[Start of Attachment]
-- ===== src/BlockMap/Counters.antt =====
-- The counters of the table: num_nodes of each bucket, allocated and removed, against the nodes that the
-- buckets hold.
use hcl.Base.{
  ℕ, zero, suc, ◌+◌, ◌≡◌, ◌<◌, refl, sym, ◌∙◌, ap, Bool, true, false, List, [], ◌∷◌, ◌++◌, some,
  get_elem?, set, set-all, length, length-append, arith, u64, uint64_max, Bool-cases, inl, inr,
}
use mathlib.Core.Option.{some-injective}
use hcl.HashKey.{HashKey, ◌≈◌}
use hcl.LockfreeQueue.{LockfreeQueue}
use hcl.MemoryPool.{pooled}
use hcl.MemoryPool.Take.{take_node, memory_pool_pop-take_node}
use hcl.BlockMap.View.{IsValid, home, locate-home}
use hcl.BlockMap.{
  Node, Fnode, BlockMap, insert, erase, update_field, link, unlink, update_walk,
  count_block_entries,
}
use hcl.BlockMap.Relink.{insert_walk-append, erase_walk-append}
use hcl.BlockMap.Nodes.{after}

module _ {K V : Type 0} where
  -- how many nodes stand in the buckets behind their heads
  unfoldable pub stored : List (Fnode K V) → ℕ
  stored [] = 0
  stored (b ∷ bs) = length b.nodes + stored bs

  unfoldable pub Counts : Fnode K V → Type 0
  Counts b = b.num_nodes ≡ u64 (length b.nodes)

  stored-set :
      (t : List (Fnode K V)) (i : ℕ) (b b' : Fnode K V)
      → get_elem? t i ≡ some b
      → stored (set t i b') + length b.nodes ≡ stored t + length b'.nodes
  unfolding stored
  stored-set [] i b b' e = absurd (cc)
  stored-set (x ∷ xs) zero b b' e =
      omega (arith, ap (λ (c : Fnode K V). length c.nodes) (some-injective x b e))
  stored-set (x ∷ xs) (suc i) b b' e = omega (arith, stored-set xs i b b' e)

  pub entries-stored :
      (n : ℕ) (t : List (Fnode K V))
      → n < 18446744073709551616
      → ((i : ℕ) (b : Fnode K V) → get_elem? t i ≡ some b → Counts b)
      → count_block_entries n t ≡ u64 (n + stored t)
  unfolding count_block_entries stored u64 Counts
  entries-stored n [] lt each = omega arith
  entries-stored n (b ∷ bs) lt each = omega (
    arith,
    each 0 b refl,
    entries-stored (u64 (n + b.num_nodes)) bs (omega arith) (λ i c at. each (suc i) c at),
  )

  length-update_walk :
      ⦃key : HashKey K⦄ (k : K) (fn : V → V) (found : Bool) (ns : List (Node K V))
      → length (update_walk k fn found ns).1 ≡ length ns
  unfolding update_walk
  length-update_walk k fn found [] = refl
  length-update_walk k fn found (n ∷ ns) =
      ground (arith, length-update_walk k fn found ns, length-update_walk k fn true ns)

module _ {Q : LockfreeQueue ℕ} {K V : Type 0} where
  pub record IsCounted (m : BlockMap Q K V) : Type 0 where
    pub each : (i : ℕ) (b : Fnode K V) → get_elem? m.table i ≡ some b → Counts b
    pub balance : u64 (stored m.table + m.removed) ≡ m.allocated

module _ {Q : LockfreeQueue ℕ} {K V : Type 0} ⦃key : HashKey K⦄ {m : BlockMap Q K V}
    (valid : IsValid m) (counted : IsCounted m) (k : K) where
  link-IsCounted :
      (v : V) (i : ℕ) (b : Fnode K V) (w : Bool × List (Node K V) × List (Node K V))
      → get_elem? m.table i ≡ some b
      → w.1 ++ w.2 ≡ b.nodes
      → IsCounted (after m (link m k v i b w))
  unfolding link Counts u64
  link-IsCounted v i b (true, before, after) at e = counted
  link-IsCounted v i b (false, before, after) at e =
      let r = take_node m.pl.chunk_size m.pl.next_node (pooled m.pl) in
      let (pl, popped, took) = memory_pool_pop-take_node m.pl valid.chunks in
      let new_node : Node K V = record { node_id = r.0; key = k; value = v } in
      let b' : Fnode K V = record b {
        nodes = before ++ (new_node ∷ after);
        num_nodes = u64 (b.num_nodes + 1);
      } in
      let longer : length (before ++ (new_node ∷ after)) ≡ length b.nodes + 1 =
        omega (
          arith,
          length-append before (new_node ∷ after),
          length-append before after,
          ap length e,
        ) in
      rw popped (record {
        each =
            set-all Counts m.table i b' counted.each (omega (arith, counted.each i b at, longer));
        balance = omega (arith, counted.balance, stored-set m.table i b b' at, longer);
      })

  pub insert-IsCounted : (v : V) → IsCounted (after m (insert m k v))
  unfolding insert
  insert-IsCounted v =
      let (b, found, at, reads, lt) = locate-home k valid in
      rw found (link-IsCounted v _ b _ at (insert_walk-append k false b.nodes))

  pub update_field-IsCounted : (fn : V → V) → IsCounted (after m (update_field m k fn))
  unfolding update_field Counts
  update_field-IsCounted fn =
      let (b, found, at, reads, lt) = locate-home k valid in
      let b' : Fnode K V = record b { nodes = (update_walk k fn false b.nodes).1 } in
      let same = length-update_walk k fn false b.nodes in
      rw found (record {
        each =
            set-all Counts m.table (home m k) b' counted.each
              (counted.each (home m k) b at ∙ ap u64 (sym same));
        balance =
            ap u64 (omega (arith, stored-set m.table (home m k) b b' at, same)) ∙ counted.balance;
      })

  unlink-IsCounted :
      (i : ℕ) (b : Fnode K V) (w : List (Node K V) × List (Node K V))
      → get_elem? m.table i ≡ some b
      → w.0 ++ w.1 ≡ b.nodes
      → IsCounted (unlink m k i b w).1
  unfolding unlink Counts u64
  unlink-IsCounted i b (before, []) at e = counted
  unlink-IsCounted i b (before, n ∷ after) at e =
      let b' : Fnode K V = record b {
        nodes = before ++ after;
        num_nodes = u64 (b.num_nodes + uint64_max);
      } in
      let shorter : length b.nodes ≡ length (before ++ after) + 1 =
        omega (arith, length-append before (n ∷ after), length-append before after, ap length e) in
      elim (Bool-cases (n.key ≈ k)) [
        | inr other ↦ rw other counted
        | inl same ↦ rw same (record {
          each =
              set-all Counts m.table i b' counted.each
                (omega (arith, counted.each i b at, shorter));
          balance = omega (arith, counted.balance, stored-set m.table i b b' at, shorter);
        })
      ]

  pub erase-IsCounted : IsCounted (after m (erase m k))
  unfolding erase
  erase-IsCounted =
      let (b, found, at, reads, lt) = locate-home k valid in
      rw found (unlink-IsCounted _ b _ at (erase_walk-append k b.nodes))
[End of Attachment]
_Instructions to follow_: Lines holding "buckets" in the data above: copy each of them.

_Result for this exercise_:
-- buckets hold.
  -- how many nodes stand in the buckets behind their heads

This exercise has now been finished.